DATASET:
____
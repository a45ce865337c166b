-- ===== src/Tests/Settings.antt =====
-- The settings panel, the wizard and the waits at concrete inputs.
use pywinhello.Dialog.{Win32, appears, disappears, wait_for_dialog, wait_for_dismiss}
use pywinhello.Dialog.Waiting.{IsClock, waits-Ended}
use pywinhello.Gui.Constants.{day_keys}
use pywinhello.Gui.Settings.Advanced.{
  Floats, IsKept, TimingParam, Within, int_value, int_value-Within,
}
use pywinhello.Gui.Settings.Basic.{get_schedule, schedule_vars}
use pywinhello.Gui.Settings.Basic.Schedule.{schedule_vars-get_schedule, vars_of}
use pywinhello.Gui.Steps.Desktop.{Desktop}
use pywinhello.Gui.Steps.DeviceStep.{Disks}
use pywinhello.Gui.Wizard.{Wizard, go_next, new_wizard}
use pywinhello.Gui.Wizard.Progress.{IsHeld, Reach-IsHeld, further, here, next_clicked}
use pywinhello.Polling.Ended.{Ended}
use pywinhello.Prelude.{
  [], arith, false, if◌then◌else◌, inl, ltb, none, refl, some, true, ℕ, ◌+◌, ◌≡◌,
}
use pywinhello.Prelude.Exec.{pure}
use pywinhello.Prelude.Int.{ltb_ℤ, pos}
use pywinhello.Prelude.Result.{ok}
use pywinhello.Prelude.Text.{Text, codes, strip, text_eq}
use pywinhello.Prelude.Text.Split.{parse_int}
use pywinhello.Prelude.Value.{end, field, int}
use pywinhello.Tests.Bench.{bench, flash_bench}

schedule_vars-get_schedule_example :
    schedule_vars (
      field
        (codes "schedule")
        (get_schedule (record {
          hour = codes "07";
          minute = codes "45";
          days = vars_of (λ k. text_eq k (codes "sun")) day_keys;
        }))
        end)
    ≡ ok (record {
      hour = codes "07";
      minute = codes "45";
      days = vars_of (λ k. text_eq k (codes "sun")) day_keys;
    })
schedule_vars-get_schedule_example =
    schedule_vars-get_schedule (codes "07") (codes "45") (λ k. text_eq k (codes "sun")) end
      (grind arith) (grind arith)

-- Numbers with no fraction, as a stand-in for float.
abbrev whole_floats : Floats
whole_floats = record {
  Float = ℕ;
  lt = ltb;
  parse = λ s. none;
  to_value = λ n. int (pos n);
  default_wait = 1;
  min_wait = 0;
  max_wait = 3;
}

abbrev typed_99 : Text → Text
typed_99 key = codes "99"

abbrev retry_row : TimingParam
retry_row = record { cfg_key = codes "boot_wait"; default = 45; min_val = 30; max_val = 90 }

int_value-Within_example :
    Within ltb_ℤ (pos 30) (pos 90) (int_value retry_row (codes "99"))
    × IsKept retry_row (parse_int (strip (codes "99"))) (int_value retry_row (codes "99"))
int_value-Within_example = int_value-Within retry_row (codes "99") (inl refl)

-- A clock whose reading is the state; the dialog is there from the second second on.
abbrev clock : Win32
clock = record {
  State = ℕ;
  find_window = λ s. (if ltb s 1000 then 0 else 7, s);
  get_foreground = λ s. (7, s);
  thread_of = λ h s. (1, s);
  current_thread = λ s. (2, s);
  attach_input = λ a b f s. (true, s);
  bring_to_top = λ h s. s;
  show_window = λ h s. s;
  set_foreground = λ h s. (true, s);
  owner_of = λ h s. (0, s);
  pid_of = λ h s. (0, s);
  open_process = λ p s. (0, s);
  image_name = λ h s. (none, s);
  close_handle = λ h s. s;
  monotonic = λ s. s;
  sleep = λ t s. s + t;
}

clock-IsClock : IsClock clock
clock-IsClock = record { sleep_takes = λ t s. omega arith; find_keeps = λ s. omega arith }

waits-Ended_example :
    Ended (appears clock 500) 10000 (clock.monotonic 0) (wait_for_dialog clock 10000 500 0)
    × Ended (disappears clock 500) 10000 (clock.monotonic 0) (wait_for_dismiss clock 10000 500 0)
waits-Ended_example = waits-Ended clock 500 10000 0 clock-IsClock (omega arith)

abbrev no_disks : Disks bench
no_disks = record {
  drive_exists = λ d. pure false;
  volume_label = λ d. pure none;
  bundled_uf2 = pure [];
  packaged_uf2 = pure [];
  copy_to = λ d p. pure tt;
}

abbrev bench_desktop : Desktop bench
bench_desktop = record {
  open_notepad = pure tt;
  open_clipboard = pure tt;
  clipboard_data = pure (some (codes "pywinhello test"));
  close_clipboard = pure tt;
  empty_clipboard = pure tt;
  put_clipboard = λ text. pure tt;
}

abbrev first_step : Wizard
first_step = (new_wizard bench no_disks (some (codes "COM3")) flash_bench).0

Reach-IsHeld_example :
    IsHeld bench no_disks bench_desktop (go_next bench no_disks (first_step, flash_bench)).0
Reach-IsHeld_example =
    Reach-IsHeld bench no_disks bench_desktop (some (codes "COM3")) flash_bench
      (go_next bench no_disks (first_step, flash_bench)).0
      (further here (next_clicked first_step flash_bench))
____
DIRECTIONS FOR THIS TASK: Looking over the records, find each line with the word "refl" and copy it.

SOLUTION BELOW:
  [], arith, false, if◌then◌else◌, inl, ltb, none, refl, some, true, ℕ, ◌+◌, ◌≡◌,
int_value-Within_example = int_value-Within retry_row (codes "99") (inl refl)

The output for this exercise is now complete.